License Plate Recognition
This is one technology that just can’t seem to get its act together. It’s a horribly inefficient, expensive, accuracy-challenged way to identify a car. You’d only use it when dealing with transient parking (admittedly a very large piece of the parking puzzle for most of us) because once you have a registered parker you’re going to encourage them to adopt a permit, RFID tag, or some other easier-to-detect media.
For those of you uninformed about LPR, it basically means taking an image of a license plate and converting it to understandable text. Humans easily convert images to text – heck, we do it for fun when trying to decipher a particularly cryptic personalized plate – but computers struggle with the simple task of converting images to text. Half the time the computer can’t even differentiate between the license plate and a bumper sticker!
In Europe it’s easier to do LPR than in North America. The license plates tend to be less muddled with background images and odd-ball character sizes and directions, so LPR provides higher recognition rates there. Oh, and the national registries of plates, rather than at the state or municipal level also helps keep consistency there, choosing colors that are complementary (black on orange) or providing reflective coating on only the characters.
I spoke with no less than six different companies using LPR (also ALPR, as in Automated) with various algorithms and capabilities for plate recognition. They all said that the hardware – not the software – is the key to getting a successful recognition. Many of them recommended using multiple images (color and infrared) to get the best initial image.
Nevertheless, in the relationship between transient parkers and parking proprietors, I think demand for LPR solutions (handheld-based, access control based) will continue to grow. Successful recognition rates will creep up slowly as newer algorithms and more computing intelligence is thrown at the problem. And then eventually when all vehicles and/or plates offer built-in computer readable tagging, this will all become moot.
Conclusion
If you’re still reading – whew, thanks for hanging in there - then you’ve learned about some of the more interesting things I found at the show.
Other, less neat parking discoveries that I investigated:
- handheld computers (nothing new here)
- barriers (snooze)
- paper products (double-snooze!)
- automated garages (rare)
- facility management companies (yecch)
- various hardware components (keypads and readers and card swipes, oh my!)
- single space meters (apparently they’re self-enforcing now)
I was talking to a German visitor at the show about his opinion of the expo.
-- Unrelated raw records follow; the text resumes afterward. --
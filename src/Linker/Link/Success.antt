-- ===== src/Linker/Link/Success.antt =====
-- How `LinkFiles` ends.
use sicxe.Base.{
  ℕ, ◌+◌, ◌%◌, ◌^◌, ◌≡◌, refl, ◌∙◌, Bool, true, false, not, ◌&&◌, ◌||◌, ◌==◌, ltb, leb, Option,
  none, some, List, [], ◌∷◌, ◌++◌, is_empty, is_empty-append, if◌then◌else◌, inl, inr, Bool-cases,
  arith,
}
use sicxe.Base.Int.{ℤ, ◌-ℤ◌}
use sicxe.Base.Run.{value, ◌>>=◌, Asserts, Asserts-bind}
use sicxe.Machine.Word.{int32}
use sicxe.Object.{ObjectFile}
use sicxe.Linker.Errors.{LinkError, start_address_not_zero, address_overflow}
use sicxe.Linker.RelocationTable.{EntryMap}
use sicxe.Linker.SymbolTable.{SymbolTable}
use sicxe.Linker.Placement.{Placement, placed, order_input_files}
use sicxe.Linker.Symbols.{file_end_address, build_symbol_table}
use sicxe.Linker.Symbols.Defined.{TableOrErrors, build_symbol_table-TableOrErrors}
use sicxe.Linker.Relocations.{build_relocation_table}
use sicxe.Linker.Relocations.Bounds.{EntriesOrErrors, build_relocation_table-EntriesOrErrors}
use sicxe.Linker.Copy.{CopiedCode, copy_and_patch_code}
use sicxe.Linker.Copy.Checked.{KnowsSymbols}
use sicxe.Linker.Copy.Sections.{HasOutcome, copy_and_patch_code-Asserts}
use sicxe.Linker.Link.{LinkResult, refused, with_header, finish, link_code, link_placed, link_files}

-- Errors are added exactly where there is no success.
abbrev pub Reports : LinkResult → Type 0
Reports r = is_empty r.errors ≡ r.success

-- What comes without a placement.
abbrev PlacementOrErrors : List LinkError × Option Placement → Type 0
PlacementOrErrors (errors, none) = is_empty errors ≡ false
PlacementOrErrors (errors, some placement) = Unit

placed-PlacementOrErrors :
    (start : ℕ) (adjustment : ℤ) (refused : Bool) (error : LinkError)
    (later : List LinkError × Option Placement)
    → PlacementOrErrors later
    → PlacementOrErrors
        ((if refused then error ∷ [] else []) ++ later.0, placed start adjustment refused later.1)
placed-PlacementOrErrors start adjustment true error (errors, none) h = refl
placed-PlacementOrErrors start adjustment false error (errors, none) h = h
placed-PlacementOrErrors start adjustment true error (errors, some placement) h = refl
placed-PlacementOrErrors start adjustment false error (errors, some placement) h = tt

order_input_files-PlacementOrErrors :
    (compatibility_mode : Bool) (address : ℕ) (files : List ObjectFile)
    → PlacementOrErrors (order_input_files compatibility_mode address files)
unfolding order_input_files
order_input_files-PlacementOrErrors compatibility_mode address [] = tt
order_input_files-PlacementOrErrors compatibility_mode address (file ∷ rest) =
    let refused = compatibility_mode && not (file.start_address == 0) in
    let next = (address + file.code_size) % 2 ^ 32 in
    elim (Bool-cases (ltb 0x10_0000 next)) [
      | inl e ↦ simp e (
          is_empty-append (if refused then start_address_not_zero file.file_name ∷ [] else [])
            address_overflow [])
      | inr e ↦ simp e (
          placed-PlacementOrErrors address (int32 address -ℤ int32 file.start_address) refused
            (start_address_not_zero file.file_name) (order_input_files compatibility_mode next rest)
            (order_input_files-PlacementOrErrors compatibility_mode next rest))
    ]

finish-Reports :
    (table : SymbolTable) (output : ObjectFile) (code : CopiedCode)
    → HasOutcome code
    → Reports (finish table output code)
unfolding finish
finish-Reports table output code h = elim (Bool-cases code.success) [
  | inl e ↦ simp e (h ∙ e)
  | inr e ↦ simp e (h ∙ e)
]

module _ (compatibility_mode : Bool) (files : List ObjectFile) (adjustments : List ℤ) where
  -- What follows the relocation table.
  after_relocations-Asserts :
      (output : ObjectFile) (table : SymbolTable) (r : List LinkError × Option EntryMap)
      → KnowsSymbols compatibility_mode table
      → EntriesOrErrors r
      → Asserts Reports (elim r.1 [
        | none ↦ refused output r.0
        | some relocation_table ↦
            copy_and_patch_code compatibility_mode table relocation_table files adjustments
              (record {
                success = true;
                errors = [];
                text_sections = output.text_sections;
                relocations = output.relocation_sections;
              })
            >>= λ code. value (finish table output code)
      ])
  after_relocations-Asserts output table (errors, none) known h = h
  after_relocations-Asserts output table (errors, some relocation_table) known h =
      let start : CopiedCode = record {
        success = true;
        errors = [];
        text_sections = output.text_sections;
        relocations = output.relocation_sections;
      } in
      Asserts-bind HasOutcome Reports
        (copy_and_patch_code compatibility_mode table relocation_table files adjustments start)
        (λ code. value (finish table output code))
        (copy_and_patch_code-Asserts compatibility_mode table relocation_table known h.1 files
          adjustments start refl)
        (finish-Reports table output)

  link_code-Asserts :
      (output : ObjectFile) (table : SymbolTable)
      → KnowsSymbols compatibility_mode table
      → Asserts Reports (link_code compatibility_mode files adjustments output table)
  unfolding link_code
  link_code-Asserts output table known =
      after_relocations-Asserts output table (build_relocation_table files adjustments []) known
        (build_relocation_table-EntriesOrErrors files adjustments [] (tt, tt))

  after_symbols-Asserts :
      (partial_link : Bool) (output : ObjectFile) (r : List LinkError × Option SymbolTable)
      → compatibility_mode && partial_link ≡ false
      → TableOrErrors partial_link r
      → Asserts Reports (elim r.1 [
        | none ↦ refused output r.0
        | some table ↦ link_code compatibility_mode files adjustments output table
      ])
  after_symbols-Asserts partial_link output (errors, none) whole h = h
  after_symbols-Asserts partial_link output (errors, some table) whole h =
      link_code-Asserts output table (λ e. h.1 (ground arith))

module _ (compatibility_mode partial_link : Bool) (files : List ObjectFile)
    (whole : compatibility_mode && partial_link ≡ false) where
  link_placed-Asserts :
      (placement : Placement) (output : ObjectFile)
      → Asserts Reports (link_placed compatibility_mode partial_link files placement output)
  unfolding link_placed
  link_placed-Asserts placement output =
      after_symbols-Asserts compatibility_mode files placement.adjustments partial_link output
        (build_symbol_table partial_link files placement.adjustments) whole
        (build_symbol_table-TableOrErrors partial_link files placement.adjustments)

  after_order-Asserts :
      (start_address : ℕ) (first output : ObjectFile) (r : List LinkError × Option Placement)
      → PlacementOrErrors r
      → Asserts Reports (elim r.1 [
        | none ↦ refused output r.0
        | some placement ↦
            link_placed compatibility_mode partial_link files placement
              (with_header start_address first placement output)
      ])
  after_order-Asserts start_address first output (errors, none) h = h
  after_order-Asserts start_address first output (errors, some placement) h =
      link_placed-Asserts placement (with_header start_address first placement output)

-- `LinkFiles` fails no assertion, on any files. Where it does not come to an operation on which C++
-- puts no meaning, it adds errors exactly if it does not succeed.
pub link_files-Asserts :
    (compatibility_mode partial_link : Bool) (start_address : ℕ) (first : ObjectFile)
    (others : List ObjectFile) (output : ObjectFile)
    → Asserts Reports (link_files compatibility_mode partial_link start_address first others output)
unfolding link_files
link_files-Asserts compatibility_mode partial_link start_address first others output =
    elim (Bool-cases (compatibility_mode && partial_link)) [
      | inl e ↦ rw e refl
      | inr e ↦
          elim (Bool-cases (
            ltb first.entry_point first.start_address
            || leb (file_end_address first) first.entry_point)) [
              | inl f ↦ rw (e, f) refl
              | inr f ↦
                  rw (e, f)
                    (after_order-Asserts compatibility_mode partial_link (first ∷ others) e
                      start_address first output
                      (order_input_files compatibility_mode start_address (first ∷ others))
                      (order_input_files-PlacementOrErrors compatibility_mode start_address
                        (first ∷ others)))
            ]
    ]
He said it was his fourth time to Intertraffic, and that innovation seems to alternate between shows, as if there’s a two year cycle for new products. Unfortunately this year seemed to be the “off” year. Interesting… if his assertion holds true then I’m definitely looking forward to Intertraffic 2008 in Hamsterdam.
P.S. If you're wondering about my non-work time: I did visit the Van Gogh Museum and Rijksmuseum (big thanks to Sandra and Tom for spending the day with me!), checked out a real-live working windmill. And before you ask: Yes, I walked through the red-light district at night. And and also stuck my head into one of the more interesting "coffee shops" - but I swear I never inhaled! ;-)
Stan, thanks for your message.
Yes, I'll be attending IPI in Vegas (see next post) but I don't planning on getting back to Arizona any time soon.
As for my "verbal meandering" - that's a good name for it. I've also heard it called "verbal diarrhea" but I like your term better.
Posted by: Blake Laufer | May 08, 2006 at 09:57 AM
You do get around. If you make it to Vegas
and happen back through Arizona, would enjoy
seeing you again. Thanks to my son, Steve, I
logged on to your website and enjoy your
verbal meandering. Yes, I'm still very much alive.